I’ll be hoping for $10k next time though

Aug 30, 2010
rosko says:

These kinds of thought experiments always bring about another one in my mind: what will the conservative punditry say to this idea to denounce it.

Aug 30, 2010
Misterhorsey says:

Yeas, like showcaseJase says, Australians all got a bit of $$$ when the GFC looked like it was going to hurt the economy.

It undoubtedly did prop up the economy when it really needed it, so its not actually a thought experiment here.

Having said that, it hasn’t stopped the conservative opposition party from pointing the finger at the Government and accusing it of waste (despite the fact that it saved our bacon).

Aug 31, 2010
alohajim says:

If you simply things it boils down to the bankers vs. the people.  Bankers have been given the sole right to create ‘money’ from nothing and are exempted from contract law.  Governments protect the banks with laws and uphold their stranglehold on the people with force so they can fund the welfare and warfare state.  Giving 10G to every household misses the entire point.  TAKE AWAY THE BANKERS RIGHT TO CREATE MONEY FROM NOTHING!  Restore the honest money of gold and silver as mandated by our constitution.

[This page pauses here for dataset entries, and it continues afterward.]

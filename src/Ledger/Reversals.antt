-- ===== src/Ledger/Reversals.antt =====
-- What refunds take back (frontend/convex/lib/ledger.ts, `reverseForRefund`).
use bling.Prelude.{
  ℕ, ◌≡◌, ◌⊎◌, inl, inr, refl, false, none, some, arith, ◌==◌, if◌then◌else◌, Option-cases,
  Bool-cases, subst, sym, ◌∙◌, ==_iff,
}
use bling.Prelude.Int.{ℤ, pos, neg, ◌+ℤ◌, ◌-ℤ◌, ◌≤ℤ◌, leb_ℤ, int_laws}
use bling.Store.Interface.{Convex}
use bling.Store.Rows.{Row}
use bling.Store.Queries.{Table, get, first}
use bling.Store.Sums.{sum_of, sum_of-insert, sum_of_free, first-insert}
use bling.Schema.Status.{LedgerKind, kind_eq}
use bling.Schema.Docs.{LedgerEntry, PaymentRefund, PaymentAttempt, refund_key}
use bling.Schema.Keys.{key_eq}
use bling.Schema.State.{Ledger}
use bling.Ledger.Posting.{posted, post_entry-cases}
use bling.Ledger.{
  reverse_for_refund, refund_share, earning_for, is_for_attempt, min_ℤ, reversal_entry,
  reversal_amount, reversed_before,
}

min_bound : (s e v r : ℤ) → v ≡ r → min_ℤ s (e -ℤ neg v) ≤ℤ e +ℤ r
min_bound s e v r h = grind int_laws

module _ ⦃c : Convex⦄ where
  -- What a payment attempt earned its creator, 0 where nothing was credited.
  unfoldable pub earned : ℕ → Ledger → ℤ
  earned attempt l = elim (earning_for attempt l) [
    | some (_, earning) ↦ earning.amount_cents
    | none ↦ pos 0
  ]

  -- The (negative) sum of the refund reversals of a payment attempt.
  unfoldable pub reversals : ℕ → Ledger → ℤ
  reversals attempt l =
      sum_of (is_for_attempt attempt LedgerKind.refund_reversal) (λ e. e.amount_cents) l.entries

  -- For every payment attempt the refund reversals are negative or zero in sum, and together take
  -- back no more than was earned.
  abbrev pub IsCovered : Ledger → Type 0
  IsCovered l =
      (attempt : ℕ)
      → (reversals attempt l ≤ℤ pos 0) × (pos 0 ≤ℤ earned attempt l +ℤ reversals attempt l)

  earned-posted :
      (attempt : ℕ) (e : LedgerEntry) (l : Ledger)
      → kind_eq e.kind LedgerKind.earning ≡ false
      → earned attempt (posted e l) ≡ earned attempt l
  unfolding earned earning_for
  earned-posted attempt e l k =
      ground (arith, first-insert (is_for_attempt attempt LedgerKind.earning) e l.entries)

  reversals-posted :
      (attempt : ℕ) (e : LedgerEntry) (l : Ledger)
      → reversals attempt (posted e l) ≡ (
          if is_for_attempt attempt LedgerKind.refund_reversal e
          then reversals attempt l +ℤ e.amount_cents
          else reversals attempt l)
  unfolding reversals
  reversals-posted attempt e l =
      sum_of-insert (is_for_attempt attempt LedgerKind.refund_reversal) (λ x. x.amount_cents) e
        l.entries

  abbrev IsCoveredAt : ℕ → Ledger → Type 0
  IsCoveredAt attempt l =
      (reversals attempt l ≤ℤ pos 0) × (pos 0 ≤ℤ earned attempt l +ℤ reversals attempt l)

  module _ (l : Ledger) (r : Row PaymentRefund) (earning : Row LedgerEntry) (now : ℕ) (amount : ℤ)
      (h : IsCovered l) (found : earning_for r.1.payment_attempt_id l ≡ some earning)
      (up : ¬ (amount ≤ℤ pos 0))
      (low : amount ≤ℤ earning.1.amount_cents +ℤ reversals r.1.payment_attempt_id l) where
    reversal : LedgerEntry
    reversal = reversal_entry now earning.1 r amount

    earned_found : earned r.1.payment_attempt_id l ≡ earning.1.amount_cents
    unfolding earned
    earned_found = rw (found, earned)

    own_earned : earned r.1.payment_attempt_id (posted reversal l) ≡ earning.1.amount_cents
    unfolding reversal
    own_earned = earned-posted r.1.payment_attempt_id reversal l refl ∙ earned_found

    own_reversals :
        reversals r.1.payment_attempt_id (posted reversal l)
        ≡ reversals r.1.payment_attempt_id l +ℤ neg amount
    unfolding reversal
    own_reversals = ground (arith, reversals-posted r.1.payment_attempt_id reversal l)

    own_covered : IsCoveredAt r.1.payment_attempt_id (posted reversal l)
    own_covered = rw (own_earned, own_reversals) (omega (int_laws, h r.1.payment_attempt_id))

    -- A reversal within what is left of the earning keeps the ledger covered.
    reversal-IsCovered : IsCovered (posted reversal l)
    unfolding reversal
    reversal-IsCovered attempt = elim (Bool-cases (r.1.payment_attempt_id == attempt)) [
      | inl own ↦ subst (λ a. IsCoveredAt a (posted reversal l)) ((==_iff _ _).0 own) own_covered
      | inr other ↦ ground (
        arith,
        earned-posted attempt reversal l refl,
        reversals-posted attempt reversal l,
        h attempt,
      )
    ]

  -- The amount that a refund takes back is at most what the other reversals leave of the earning,
  -- where no entry has the refund's key yet.
  reversal_amount_bound :
      (earning : LedgerEntry) (id : ℕ) (r : PaymentRefund) (attempts : Table PaymentAttempt)
      (l : Ledger)
      → first (λ e. key_eq e.idempotency_key (refund_key id)) l.entries ≡ none
      → reversal_amount earning (id, r) attempts l
        ≤ℤ earning.amount_cents +ℤ reversals r.payment_attempt_id l
  unfolding reversal_amount reversed_before reversals
  reversal_amount_bound earning id r attempts l free =
      let others =
        sum_of_free (is_for_attempt r.payment_attempt_id LedgerKind.refund_reversal)
          (λ e. key_eq e.idempotency_key (refund_key id)) (λ e. e.amount_cents) l.entries free in
      min_bound (refund_share earning (get attempts r.payment_attempt_id) r) _ _ _ others

  -- Either nothing is posted, or a reversal of a positive amount under a key that was free.
  reverse_for_refund-cases :
      (now id : ℕ) (r : PaymentRefund) (attempts : Table PaymentAttempt) (l : Ledger)
      → (reverse_for_refund now (id, r) attempts l ≡ l)
        ⊎ ((earning : Row LedgerEntry) × (amount : ℤ) × (earning_for r.payment_attempt_id l
              ≡ some earning)
            × (amount ≡ reversal_amount earning.1 (id, r) attempts l)
            × (¬ (amount ≤ℤ pos 0))
            × (first (λ e. key_eq e.idempotency_key (refund_key id)) l.entries ≡ none)
            × (reverse_for_refund now (id, r) attempts l
                ≡ posted (reversal_entry now earning.1 (id, r) amount) l))
  unfolding reverse_for_refund
  reverse_for_refund-cases now id r attempts l =
      elim (Option-cases (earning_for r.payment_attempt_id l)) [
        | inl unearned ↦ inl (rw (unearned, reverse_for_refund))
        | inr (earning, found) ↦
            let amount = reversal_amount earning.1 (id, r) attempts l in
            elim (Bool-cases (leb_ℤ amount (pos 0))) [
              | inl nothing ↦ inl (ground arith)
              | inr some_left ↦
                  elim (post_entry-cases (reversal_entry now earning.1 (id, r) amount) l) [
                    | inl same ↦ inl (ground arith)
                    | inr (added, free) ↦
                        inr (earning, amount, found, refl, ground arith, free, ground arith)
                  ]
            ]
      ]

  -- A refund takes back no more than its creator earned, whatever was refunded before.
  pub reverse_for_refund-IsCovered :
      (now : ℕ) (r : Row PaymentRefund) (attempts : Table PaymentAttempt) (l : Ledger)
      → IsCovered l
      → IsCovered (reverse_for_refund now r attempts l)
  unfolding reversal
  reverse_for_refund-IsCovered now (id, r) attempts l h =
      elim (reverse_for_refund-cases now id r attempts l) [
        | inl same ↦ subst IsCovered (sym same) h
        | inr (earning, amount, found, what, up, free, eq) ↦ subst IsCovered (sym eq) (
            reversal-IsCovered l (id, r) earning now amount h found up
              (rw what (reversal_amount_bound earning.1 id r attempts l free)))
      ]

          I am waiting for Joe Lunchbucket to finally figure out that when he borrows money from a bank for a car, a house, or anything else, the money loaned did not exist before he borrowed it.  So the bank takes title to every asset we borrow upon and does not release the title back until the principle and interest are payed in full.  The people must work for every dime but banks create unlimited amounts for nothing!

        Here’s a much much better idea than giving each household 10G of bankers ‘funny money’ :  Stiff the banks of all sovereign debt.  Why should the people have to earn money to pay interest to banks for something they created from nothing?  The US government can issue its own ‘funny money’  without paying interest to banks. 

        Wake up people!  The banks have fucked us over for 100 years.  Its pay back time.  Stiff the banks!  They really won’t lose a thing because they created the money from nothing.  Plus they own almost everything anyway. 

          There is no reason why banks should be allowed to foreclose on a home or repossess a car for non payment,  they didn’t provide anything of value, only fiat currency, created from thin air, backed by the force of crooked laws.  Wake up people!  Demand an end to the Federal Reserve.  Nothing will do more good than this simple move.

        Research this, talk to friends and family, spread the word.  We’ve got the internet and a tremendous advantage in numbers.  There are three hundred million US citizens in this great country and perhaps several thousand banker families.  Once this giant scam is exposed its game over.

Aug 31, 2010
Nick says:

Thomas Paine’s “Agrarian Justice” is worth a read.